Two years later, children may still be struggling with the concept that Leeds or Sheffield Wednesday are great football clubs, but that concept now feels closer than alien. Leeds are top of the Championship for the first time since their ignominious relegation in 2004, and both Sheffield clubs in a top six that reads like a tour around the UK’s industrial heartlands, taking in Cardiff, Preston and Wolverhampton. With Huddersfield Town improbably sitting between Tottenham and Liverpool in a nascent Premier League table, it finally feels like there may a crack in the curtains allowing in the weediest rays of light. Yorkshire football is by no means back, but it is twitching; hands are being tentatively squeezed and eyelids are fluttering.

You may expect a Huddersfield Town fan to revel in the sometimes self-inflicted crises of Leeds United, but such tribalism is for those who think the 20-minute train journey to Leeds is ‘going travelling’. Yorkshire folk are contrary, and I am comfortable with tutting at Leeds victories but then quietly smiling as I see their name back at the top of a table (below ours, of course).

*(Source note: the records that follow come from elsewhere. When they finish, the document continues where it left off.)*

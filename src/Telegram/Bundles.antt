-- ===== src/Telegram/Bundles.antt =====
-- apps/worker/src/modules/telegram-first-signal.ts: what the loop over the groups of
-- `queueTelegramFirstSignals` leaves of a receipt.
use auto_monitor_bot.Base.{
  ℕ, suc, ◌≡◌, Bool, true, false, not, ◌&&◌, ◌||◌, List, [], ◌∷◌, Option, none, some, arith,
  is_some, any-append, str_eq, str_eq-eq, str_eq_refl, Bool-cases, inl, inr,
}
use Prim.Native.String.{String}
use auto_monitor_bot.Telegram.Policy.{flash_pending, same_status}
use auto_monitor_bot.Telegram.FirstSignals.{
  Receipt, has, add, receipt_of, bundle_receipts, bundle_groups,
}
use auto_monitor_bot.Delivery.Burst.{concat}

abbrev pub has_bundle : List String → Option String → Bool
has_bundle bundles none = false
has_bundle bundles (some b) = has bundles b

-- The receipt of a listing waits for its first signal.
abbrev pub is_ready : Option Receipt → Bool
is_ready none = false
is_ready (some r) = not r.has_message && not (is_some r.accepted_at)

-- The receipt of a listing waits in one of the bundles.
abbrev pub is_placed : List String → Option Receipt → Bool
is_placed bundles none = false
is_placed bundles (some r) =
    not r.has_message
    && not (is_some r.accepted_at)
    && same_status r.status flash_pending
    && has_bundle bundles r.flash_bundle_id

pub has-add :
    (texts : List String) (t u : String) → has (add texts t) u ≡ (has texts u || str_eq t u)
has-add texts t u = ground (arith, any-append (λ x. str_eq x u) texts (t ∷ []), str_eq-eq t u)

has_bundle-add :
    (bundles : List String) (b : String) (o : Option String)
    → has_bundle bundles o ≡ true
    → has_bundle (add bundles b) o ≡ true
has_bundle-add bundles b none h = h
has_bundle-add bundles b (some c) h = ground (arith, has-add bundles b c)

bundle_receipts-placed :
    (group : List String) (b : String) (bundles : List String) (id : String) (rs : List Receipt)
    → is_placed bundles (receipt_of rs id) ≡ true
    → is_placed (add bundles b) (receipt_of (bundle_receipts group b rs) id) ≡ true
unfolding bundle_receipts
bundle_receipts-placed group b bundles id [] h = absurd (ground arith)
bundle_receipts-placed group b bundles id (r ∷ rs) h = ground (
  arith,
  bundle_receipts-placed group b bundles id rs,
  has-add bundles b b,
  str_eq_refl b,
  has_bundle-add bundles b r.flash_bundle_id,
)

bundle_receipts-ready :
    (group : List String) (b : String) (bundles : List String) (id : String) (rs : List Receipt)
    → is_ready (receipt_of rs id) ≡ true
    → is_ready (receipt_of (bundle_receipts group b rs) id) ≡ true
unfolding bundle_receipts
bundle_receipts-ready group b bundles id [] h = absurd (ground arith)
bundle_receipts-ready group b bundles id (r ∷ rs) h =
    ground (arith, bundle_receipts-ready group b bundles id rs)

bundle_receipts-joins :
    (group : List String) (b : String) (bundles : List String) (id : String) (rs : List Receipt)
    → is_ready (receipt_of rs id) ≡ true
    → has group id ≡ true
    → is_placed (add bundles b) (receipt_of (bundle_receipts group b rs) id) ≡ true
unfolding bundle_receipts
bundle_receipts-joins group b bundles id [] h g = absurd (ground arith)
bundle_receipts-joins group b bundles id (r ∷ rs) h g = ground (
  arith,
  bundle_receipts-joins group b bundles id rs,
  has-add bundles b b,
  str_eq_refl b,
  str_eq-eq r.listing_id id,
)

-- The loop over the groups leaves no listing of a group without its bundle.
pub bundle_groups-has :
    (bundle_id : ℕ → List String → String) (index : ℕ) (groups : List (List String))
    (rs : List Receipt) (bundles : List String) (b : String)
    → has bundles b ≡ true
    → has (bundle_groups bundle_id index groups rs bundles).1 b ≡ true
unfolding bundle_groups
bundle_groups-has bundle_id index [] rs bundles b h = h
bundle_groups-has bundle_id index (g ∷ groups) rs bundles b h =
    let c = bundle_id index g in
    bundle_groups-has bundle_id (suc index) groups (bundle_receipts g c rs) (add bundles c) b
      (ground (arith, has-add bundles c b))

bundle_groups-placed :
    (bundle_id : ℕ → List String → String) (index : ℕ) (groups : List (List String))
    (rs : List Receipt) (bundles : List String) (id : String)
    → is_placed bundles (receipt_of rs id) ≡ true
    → let out = bundle_groups bundle_id index groups rs bundles in
      is_placed out.1 (receipt_of out.0 id) ≡ true
unfolding bundle_groups
bundle_groups-placed bundle_id index [] rs bundles id h = h
bundle_groups-placed bundle_id index (g ∷ groups) rs bundles id h =
    let c = bundle_id index g in
    bundle_groups-placed bundle_id (suc index) groups (bundle_receipts g c rs) (add bundles c) id
      (bundle_receipts-placed g c bundles id rs h)

pub bundle_groups-joins :
    (bundle_id : ℕ → List String → String) (index : ℕ) (groups : List (List String))
    (rs : List Receipt) (bundles : List String) (id : String)
    → is_ready (receipt_of rs id) ≡ true
    → has (concat groups) id ≡ true
    → let out = bundle_groups bundle_id index groups rs bundles in
      is_placed out.1 (receipt_of out.0 id) ≡ true
unfolding bundle_groups
bundle_groups-joins bundle_id index [] rs bundles id h m = absurd (ground arith)
bundle_groups-joins bundle_id index (g ∷ groups) rs bundles id h m =
    let c = bundle_id index g in
    elim (Bool-cases (has g id)) [
      | inl here ↦
          bundle_groups-placed bundle_id (suc index) groups (bundle_receipts g c rs) (add bundles c)
            id (bundle_receipts-joins g c bundles id rs h here)
      | inr there ↦
          bundle_groups-joins bundle_id (suc index) groups (bundle_receipts g c rs) (add bundles c)
            id (bundle_receipts-ready g c bundles id rs h)
            (ground (arith, any-append (λ x. str_eq x id) g (concat groups)))
    ]

-- The receipt of a listing names one of the bundles.
abbrev pub is_named : List String → Option Receipt → Bool
is_named bundles none = false
is_named bundles (some r) = has_bundle bundles r.flash_bundle_id

pub is_placed-is_named :
    (bundles : List String) (o : Option Receipt)
    → is_placed bundles o ≡ true
    → is_named bundles o ≡ true
is_placed-is_named bundles none h = h
is_placed-is_named bundles (some r) h = ground arith

bundle_receipts-named :
    (group : List String) (b : String) (bundles : List String) (id : String) (rs : List Receipt)
    → is_named bundles (receipt_of rs id) ≡ true
    → is_named (add bundles b) (receipt_of (bundle_receipts group b rs) id) ≡ true
unfolding bundle_receipts
bundle_receipts-named group b bundles id [] h = absurd (ground arith)
bundle_receipts-named group b bundles id (r ∷ rs) h = ground (
  arith,
  bundle_receipts-named group b bundles id rs,
  has-add bundles b b,
  str_eq_refl b,
  has_bundle-add bundles b r.flash_bundle_id,
)

pub bundle_groups-named :
    (bundle_id : ℕ → List String → String) (index : ℕ) (groups : List (List String))
    (rs : List Receipt) (bundles : List String) (id : String)
    → is_named bundles (receipt_of rs id) ≡ true
    → let out = bundle_groups bundle_id index groups rs bundles in
      is_named out.1 (receipt_of out.0 id) ≡ true
unfolding bundle_groups
bundle_groups-named bundle_id index [] rs bundles id h = h
bundle_groups-named bundle_id index (g ∷ groups) rs bundles id h =
    let c = bundle_id index g in
    bundle_groups-named bundle_id (suc index) groups (bundle_receipts g c rs) (add bundles c) id
      (bundle_receipts-named g c bundles id rs h)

We are fans that sing “we all hate Leeds scum” and yet chant “Yorkshire…Yorkshire…Yorkshire” at an even greater volume. I laughed when David Wagner referred to Robert Green joining from “the other club near Huddersfield”, but there was no laughter when the greed of a few threatened the very existence of a once-great football club.

Over 31,000 people were at Elland Road on Tuesday night, the bumper crowd testament not only to their unenviable status as sleeping giants or the unexpected excellence of this Thomas Christiansen team, but also an acknowledgement from Leeds’ latest owners that they should not take the loyalty of a still-substantial support for granted; fans could see them beat both Burton and Birmingham for less than £30 and there are more ticket offers planned. This club is finally united in something other than name. It has been too long.

When Neville wrote those words about ‘the demise of Premier League clubs in Yorkshire’ he was staring at a table containing no clubs from the region, with Leeds, Sheffield Wednesday and Huddersfield all mired in a miserable mid-table Championship cluster. Hull and Middlesbrough were both doing significantly better – and would be promoted that season – but those clubs are on the periphery of both Yorkshire and the Premier League. Nobody saw their one-season sojourns in the top flight as a resurgence for Yorkshire football. But this season feels different.

Central to that sea change has been the willingness of Huddersfield and Leeds to embrace life outside the provinces, with the Terriers managed by a German and counting an Australian, a Dane and a Beninese among their key players. The only Yorkshiremen are in the stands and the boardroom.

Meanwhile, Leeds are owned by an Italian, managed by a Danish-born Spanish international and boast a Swede as their talisman. There is little that feels provincial about football in West Yorkshire in 2017. Except the fans and their accents at Elland Road, as they sing Marching On Together as if they might possibly be marching towards some kind of triumph rather than another slow death.

It may yet all end in disaster, with the Tigers tumbling down the division like Mike Phelan’s Tigers and Leeds losing ground to leave thousands of Yorkshire folk shaking their heads and muttering that they “bloody knew is was too good to be true”, but for now allow us all to dream that the children of tomorrow will know that this vast, wonderful county has some truly great football clubs.